Task goal:
When the line containing "(reconcile_direct_sessions r g l).0" appears in the entries below, begin printing there and stop after the line containing "unfolding disconnect_daemon"; print each of those lines exactly and no other line.

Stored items
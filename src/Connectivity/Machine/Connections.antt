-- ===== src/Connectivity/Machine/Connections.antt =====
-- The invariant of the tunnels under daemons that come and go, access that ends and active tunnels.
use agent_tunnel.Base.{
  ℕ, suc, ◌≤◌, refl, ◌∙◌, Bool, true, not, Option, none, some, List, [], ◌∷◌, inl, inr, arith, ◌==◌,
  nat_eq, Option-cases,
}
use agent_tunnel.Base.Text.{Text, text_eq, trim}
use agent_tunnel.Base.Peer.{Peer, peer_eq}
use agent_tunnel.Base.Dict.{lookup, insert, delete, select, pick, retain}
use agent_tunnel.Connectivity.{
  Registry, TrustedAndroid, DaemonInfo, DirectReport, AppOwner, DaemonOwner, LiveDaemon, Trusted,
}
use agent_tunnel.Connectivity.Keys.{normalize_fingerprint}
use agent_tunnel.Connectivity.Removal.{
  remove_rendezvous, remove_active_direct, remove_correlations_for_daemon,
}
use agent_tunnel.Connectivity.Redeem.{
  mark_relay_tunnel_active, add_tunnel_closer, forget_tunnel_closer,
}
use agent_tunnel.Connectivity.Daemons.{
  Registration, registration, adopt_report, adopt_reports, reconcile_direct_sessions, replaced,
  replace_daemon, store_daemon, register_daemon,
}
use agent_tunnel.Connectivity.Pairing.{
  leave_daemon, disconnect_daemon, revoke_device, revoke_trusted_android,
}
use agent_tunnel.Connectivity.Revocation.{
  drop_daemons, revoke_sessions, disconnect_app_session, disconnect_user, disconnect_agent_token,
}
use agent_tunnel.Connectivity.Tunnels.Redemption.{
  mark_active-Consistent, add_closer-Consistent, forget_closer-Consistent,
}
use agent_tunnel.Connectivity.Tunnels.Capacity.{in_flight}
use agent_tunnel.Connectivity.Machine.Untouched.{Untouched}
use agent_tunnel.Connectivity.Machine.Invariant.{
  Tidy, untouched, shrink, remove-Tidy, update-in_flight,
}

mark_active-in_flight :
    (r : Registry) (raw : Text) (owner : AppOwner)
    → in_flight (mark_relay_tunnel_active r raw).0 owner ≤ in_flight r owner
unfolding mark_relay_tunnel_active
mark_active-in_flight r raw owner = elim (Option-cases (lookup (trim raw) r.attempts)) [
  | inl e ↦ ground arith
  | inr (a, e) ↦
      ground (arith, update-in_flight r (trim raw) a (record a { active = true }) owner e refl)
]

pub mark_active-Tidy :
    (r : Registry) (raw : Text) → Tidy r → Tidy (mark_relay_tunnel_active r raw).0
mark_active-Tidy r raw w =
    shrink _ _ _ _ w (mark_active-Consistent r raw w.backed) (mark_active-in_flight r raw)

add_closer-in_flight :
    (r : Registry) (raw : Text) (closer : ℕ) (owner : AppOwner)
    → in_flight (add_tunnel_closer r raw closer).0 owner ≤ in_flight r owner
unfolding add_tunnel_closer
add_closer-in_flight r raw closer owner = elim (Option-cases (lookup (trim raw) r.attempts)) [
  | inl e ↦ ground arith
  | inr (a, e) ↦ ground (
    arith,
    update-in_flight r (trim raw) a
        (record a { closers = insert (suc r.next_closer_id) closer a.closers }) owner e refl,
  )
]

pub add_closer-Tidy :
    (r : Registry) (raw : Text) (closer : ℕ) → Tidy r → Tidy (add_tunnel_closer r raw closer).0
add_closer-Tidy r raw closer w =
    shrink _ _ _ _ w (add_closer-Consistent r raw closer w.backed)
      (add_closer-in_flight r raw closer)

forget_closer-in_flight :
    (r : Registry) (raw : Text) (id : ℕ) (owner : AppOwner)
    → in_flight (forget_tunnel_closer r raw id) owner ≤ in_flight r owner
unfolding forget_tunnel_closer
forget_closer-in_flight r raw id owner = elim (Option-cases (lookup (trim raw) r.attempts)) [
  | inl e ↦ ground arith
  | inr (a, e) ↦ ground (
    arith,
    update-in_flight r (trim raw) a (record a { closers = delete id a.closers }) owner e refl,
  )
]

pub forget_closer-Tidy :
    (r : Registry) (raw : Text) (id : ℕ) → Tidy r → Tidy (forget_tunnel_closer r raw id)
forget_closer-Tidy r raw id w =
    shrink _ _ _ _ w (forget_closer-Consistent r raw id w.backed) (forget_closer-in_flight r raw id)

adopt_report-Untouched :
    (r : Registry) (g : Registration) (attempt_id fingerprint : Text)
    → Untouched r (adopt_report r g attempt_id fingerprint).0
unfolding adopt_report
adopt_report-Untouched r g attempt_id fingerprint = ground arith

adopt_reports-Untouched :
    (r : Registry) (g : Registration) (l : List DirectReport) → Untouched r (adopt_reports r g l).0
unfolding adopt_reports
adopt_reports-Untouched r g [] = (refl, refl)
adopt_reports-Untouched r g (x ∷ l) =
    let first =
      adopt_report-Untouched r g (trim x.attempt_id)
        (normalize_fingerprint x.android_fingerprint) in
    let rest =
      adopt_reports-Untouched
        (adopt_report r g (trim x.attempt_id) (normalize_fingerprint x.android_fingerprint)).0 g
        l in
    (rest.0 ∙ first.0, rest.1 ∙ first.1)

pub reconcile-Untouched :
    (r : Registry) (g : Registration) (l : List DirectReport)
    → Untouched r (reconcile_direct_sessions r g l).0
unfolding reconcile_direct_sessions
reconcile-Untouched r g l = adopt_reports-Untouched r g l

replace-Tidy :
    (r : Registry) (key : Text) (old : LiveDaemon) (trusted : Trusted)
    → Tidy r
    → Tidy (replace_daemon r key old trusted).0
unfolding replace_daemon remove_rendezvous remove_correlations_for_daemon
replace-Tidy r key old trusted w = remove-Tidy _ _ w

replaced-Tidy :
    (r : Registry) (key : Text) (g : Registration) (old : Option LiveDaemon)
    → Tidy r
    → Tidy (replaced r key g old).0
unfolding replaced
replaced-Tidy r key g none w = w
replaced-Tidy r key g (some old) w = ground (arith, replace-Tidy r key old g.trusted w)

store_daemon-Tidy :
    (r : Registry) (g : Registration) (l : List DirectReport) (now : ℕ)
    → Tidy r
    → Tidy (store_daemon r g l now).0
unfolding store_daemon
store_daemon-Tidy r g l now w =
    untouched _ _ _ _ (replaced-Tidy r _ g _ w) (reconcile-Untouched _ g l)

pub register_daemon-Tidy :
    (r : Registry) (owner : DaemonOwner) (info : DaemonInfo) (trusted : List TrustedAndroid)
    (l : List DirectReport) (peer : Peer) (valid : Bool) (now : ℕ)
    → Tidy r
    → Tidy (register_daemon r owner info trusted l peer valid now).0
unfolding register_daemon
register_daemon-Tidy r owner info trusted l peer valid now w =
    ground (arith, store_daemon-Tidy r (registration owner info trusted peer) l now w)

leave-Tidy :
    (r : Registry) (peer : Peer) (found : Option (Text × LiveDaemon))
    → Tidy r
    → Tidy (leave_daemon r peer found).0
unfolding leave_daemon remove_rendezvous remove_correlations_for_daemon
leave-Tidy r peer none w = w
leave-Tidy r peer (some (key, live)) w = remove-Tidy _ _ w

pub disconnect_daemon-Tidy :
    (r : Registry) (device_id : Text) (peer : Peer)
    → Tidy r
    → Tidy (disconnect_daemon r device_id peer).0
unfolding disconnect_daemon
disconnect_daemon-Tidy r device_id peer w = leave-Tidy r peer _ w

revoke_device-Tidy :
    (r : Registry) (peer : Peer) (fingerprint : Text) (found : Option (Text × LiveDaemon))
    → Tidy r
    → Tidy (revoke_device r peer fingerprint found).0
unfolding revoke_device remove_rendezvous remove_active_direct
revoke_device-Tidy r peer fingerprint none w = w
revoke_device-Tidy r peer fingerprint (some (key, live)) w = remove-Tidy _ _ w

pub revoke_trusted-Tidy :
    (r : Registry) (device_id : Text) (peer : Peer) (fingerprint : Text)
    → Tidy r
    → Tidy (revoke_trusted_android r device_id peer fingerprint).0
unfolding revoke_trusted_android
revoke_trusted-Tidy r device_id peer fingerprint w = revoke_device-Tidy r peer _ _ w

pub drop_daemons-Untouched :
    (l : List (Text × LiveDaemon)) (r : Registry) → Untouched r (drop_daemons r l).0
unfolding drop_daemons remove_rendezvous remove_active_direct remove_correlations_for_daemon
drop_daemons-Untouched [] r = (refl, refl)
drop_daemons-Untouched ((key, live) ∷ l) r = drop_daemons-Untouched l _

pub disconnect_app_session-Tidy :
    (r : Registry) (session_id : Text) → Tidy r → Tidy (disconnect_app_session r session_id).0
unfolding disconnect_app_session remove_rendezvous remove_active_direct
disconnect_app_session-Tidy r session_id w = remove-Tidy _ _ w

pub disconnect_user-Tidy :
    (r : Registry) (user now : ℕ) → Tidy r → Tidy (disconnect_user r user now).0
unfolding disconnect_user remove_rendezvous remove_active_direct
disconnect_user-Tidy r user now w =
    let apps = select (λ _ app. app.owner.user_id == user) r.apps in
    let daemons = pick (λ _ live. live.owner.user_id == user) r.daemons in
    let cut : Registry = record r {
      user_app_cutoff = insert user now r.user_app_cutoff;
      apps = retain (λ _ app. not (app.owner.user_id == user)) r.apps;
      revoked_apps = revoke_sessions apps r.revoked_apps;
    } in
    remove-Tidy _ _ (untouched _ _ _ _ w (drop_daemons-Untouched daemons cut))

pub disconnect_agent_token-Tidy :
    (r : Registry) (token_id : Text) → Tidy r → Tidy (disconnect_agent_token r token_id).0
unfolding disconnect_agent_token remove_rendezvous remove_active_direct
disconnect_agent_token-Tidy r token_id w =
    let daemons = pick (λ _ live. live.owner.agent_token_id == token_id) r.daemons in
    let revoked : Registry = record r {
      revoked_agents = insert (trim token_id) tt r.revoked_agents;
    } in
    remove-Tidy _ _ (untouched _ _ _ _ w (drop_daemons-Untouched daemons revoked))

Your response:
    → Untouched r (reconcile_direct_sessions r g l).0
unfolding reconcile_direct_sessions
reconcile-Untouched r g l = adopt_reports-Untouched r g l

replace-Tidy :
    (r : Registry) (key : Text) (old : LiveDaemon) (trusted : Trusted)
    → Tidy r
    → Tidy (replace_daemon r key old trusted).0
unfolding replace_daemon remove_rendezvous remove_correlations_for_daemon
replace-Tidy r key old trusted w = remove-Tidy _ _ w

replaced-Tidy :
    (r : Registry) (key : Text) (g : Registration) (old : Option LiveDaemon)
    → Tidy r
    → Tidy (replaced r key g old).0
unfolding replaced
replaced-Tidy r key g none w = w
replaced-Tidy r key g (some old) w = ground (arith, replace-Tidy r key old g.trusted w)

store_daemon-Tidy :
    (r : Registry) (g : Registration) (l : List DirectReport) (now : ℕ)
    → Tidy r
    → Tidy (store_daemon r g l now).0
unfolding store_daemon
store_daemon-Tidy r g l now w =
    untouched _ _ _ _ (replaced-Tidy r _ g _ w) (reconcile-Untouched _ g l)

pub register_daemon-Tidy :
    (r : Registry) (owner : DaemonOwner) (info : DaemonInfo) (trusted : List TrustedAndroid)
    (l : List DirectReport) (peer : Peer) (valid : Bool) (now : ℕ)
    → Tidy r
    → Tidy (register_daemon r owner info trusted l peer valid now).0
unfolding register_daemon
register_daemon-Tidy r owner info trusted l peer valid now w =
    ground (arith, store_daemon-Tidy r (registration owner info trusted peer) l now w)

leave-Tidy :
    (r : Registry) (peer : Peer) (found : Option (Text × LiveDaemon))
    → Tidy r
    → Tidy (leave_daemon r peer found).0
unfolding leave_daemon remove_rendezvous remove_correlations_for_daemon
leave-Tidy r peer none w = w
leave-Tidy r peer (some (key, live)) w = remove-Tidy _ _ w

pub disconnect_daemon-Tidy :
    (r : Registry) (device_id : Text) (peer : Peer)
    → Tidy r
    → Tidy (disconnect_daemon r device_id peer).0
unfolding disconnect_daemon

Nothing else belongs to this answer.